3. Data Acquisition and Experimental Setup
The dynamic risk of highway traffic operation is influenced by various factors, including road alignment, weather, traffic flow operation, and driver behavior. These factors interact with each other and, together, affect the dynamic risk level of transportation operations. In practice, it is impossible to investigate and collect all factors separately. Given the difficulty in obtaining information related to immediate changes in weather, road alignment, and driver behavior, coupled with changes in traffic flow and accidents, it best represents the dynamic risk state of road traffic operations. This study focuses on collecting traffic flow data and accident information captured by microwave coils and videos for modeling and analysis of dynamic risk assessment in traffic operations. Accident data includes detailed information such as time, location, type, and cause. The traffic flow data includes parameters such as speed, flow, and occupancy rate for each 30 s detection cycle of dividing lanes.

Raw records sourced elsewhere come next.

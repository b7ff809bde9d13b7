-- ===== src/Base/Sums.antt =====
-- Sums of a weight over lists, options and maps.
use Prim.Native.Nat.{ℕ, ◌+◌}
use mathlib.Core.Path.{◌≡◌}
use mathlib.Core.List.{List, [], ◌∷◌, ◌++◌}
use mathlib.Core.Option.{Option, none, some}
use mathlib.Core.Logic.{inl, inr}
use native.Mathlib.Omega.{arith}
use markdown_linkerator.Base.Tests.{Bool-cases}
use markdown_linkerator.Base.Texts.{Text, text_eq}
use markdown_linkerator.Base.Maps.{Map, lookup, insert}

module _ {ℓ} {A : Type ℓ} where
  abbrev pub sum_of : (A → ℕ) → List A → ℕ
  sum_of f [] = 0
  sum_of f (x ∷ xs) = f x + sum_of f xs

  abbrev pub weight : (A → ℕ) → Option A → ℕ
  weight f none = 0
  weight f (some x) = f x

  pub sum_of-append : (f : A → ℕ) (xs ys : List A) → sum_of f (xs ++ ys) ≡ sum_of f xs + sum_of f ys
  sum_of-append f [] ys = omega arith
  sum_of-append f (x ∷ xs) ys = omega (arith, sum_of-append f xs ys)

  pub sum_of-middle :
      (f : A → ℕ) (xs : List A) (y : A) (ys : List A)
      → sum_of f (xs ++ (y ∷ ys)) ≡ sum_of f xs + f y + sum_of f ys
  sum_of-middle f [] y ys = omega arith
  sum_of-middle f (x ∷ xs) y ys = omega (arith, sum_of-middle f xs y ys)

-- A weight of a map's values.
abbrev pub total {ℓ} : {V : Type ℓ} → (V → ℕ) → Map V → ℕ
total {V} f m = sum_of (λ (b : Text × V). f b.1) m

pub total-insert {ℓ} :
    {V : Type ℓ} (f : V → ℕ) (k : Text) (v : V) (m : Map V)
    → total f (insert k v m) + weight f (lookup k m) ≡ total f m + f v
unfolding insert lookup
total-insert f k v [] = omega arith
total-insert f k v ((j, old) ∷ m) = elim (Bool-cases (text_eq j k)) [
  | inl e ↦ rw e (omega arith)
  | inr e ↦ rw e (omega (arith, total-insert f k v m))
]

To obtain an accurate analysis of the characteristics of dynamic risk changes in traffic operations and to explore the relationship between dynamic risk and traffic accidents, traffic flow and accident data must be screened and processed. Crash and traffic flow data derived from external factors such as weather, road alignment, and individual driver behavior were excluded from the data cases whenever possible. In addition, because the relationship between single-vehicle accidents and traffic operations is not strong at high service levels, accident samples were selected with a preference for multi-vehicle accidents occurring at higher traffic volumes (i.e., below the level of Service C according to the HCM2010 [
27]). To enhance data analysis accuracy and reliability, this study also conducted calibration and processing of traffic flow data. This involved identifying outliers using spatio-temporal graph methods and statistical techniques, while correcting outliers using linear interpolation and filtering. This enabled us to select detector data of better quality for traffic flow parameters such as time mean speed, coefficient of variation of speed, flow rate, and occupancy. Suitable cases for modeling and validation analysis of dynamic risk assessment for traffic operations could then be selected by matching detector data with accident data.
As previously mentioned, this study mainly leveraged traffic flow data and accident data to assess the dynamic risks of traffic operations. The studied road segment was the Beijing section of the Beijing–Harbin Expressway, which has a length of approximately 39.7 km. The study deployed 20 microwave detectors to detect traffic flow data in both directions and 16 video vehicle detectors to detect data in a single direction.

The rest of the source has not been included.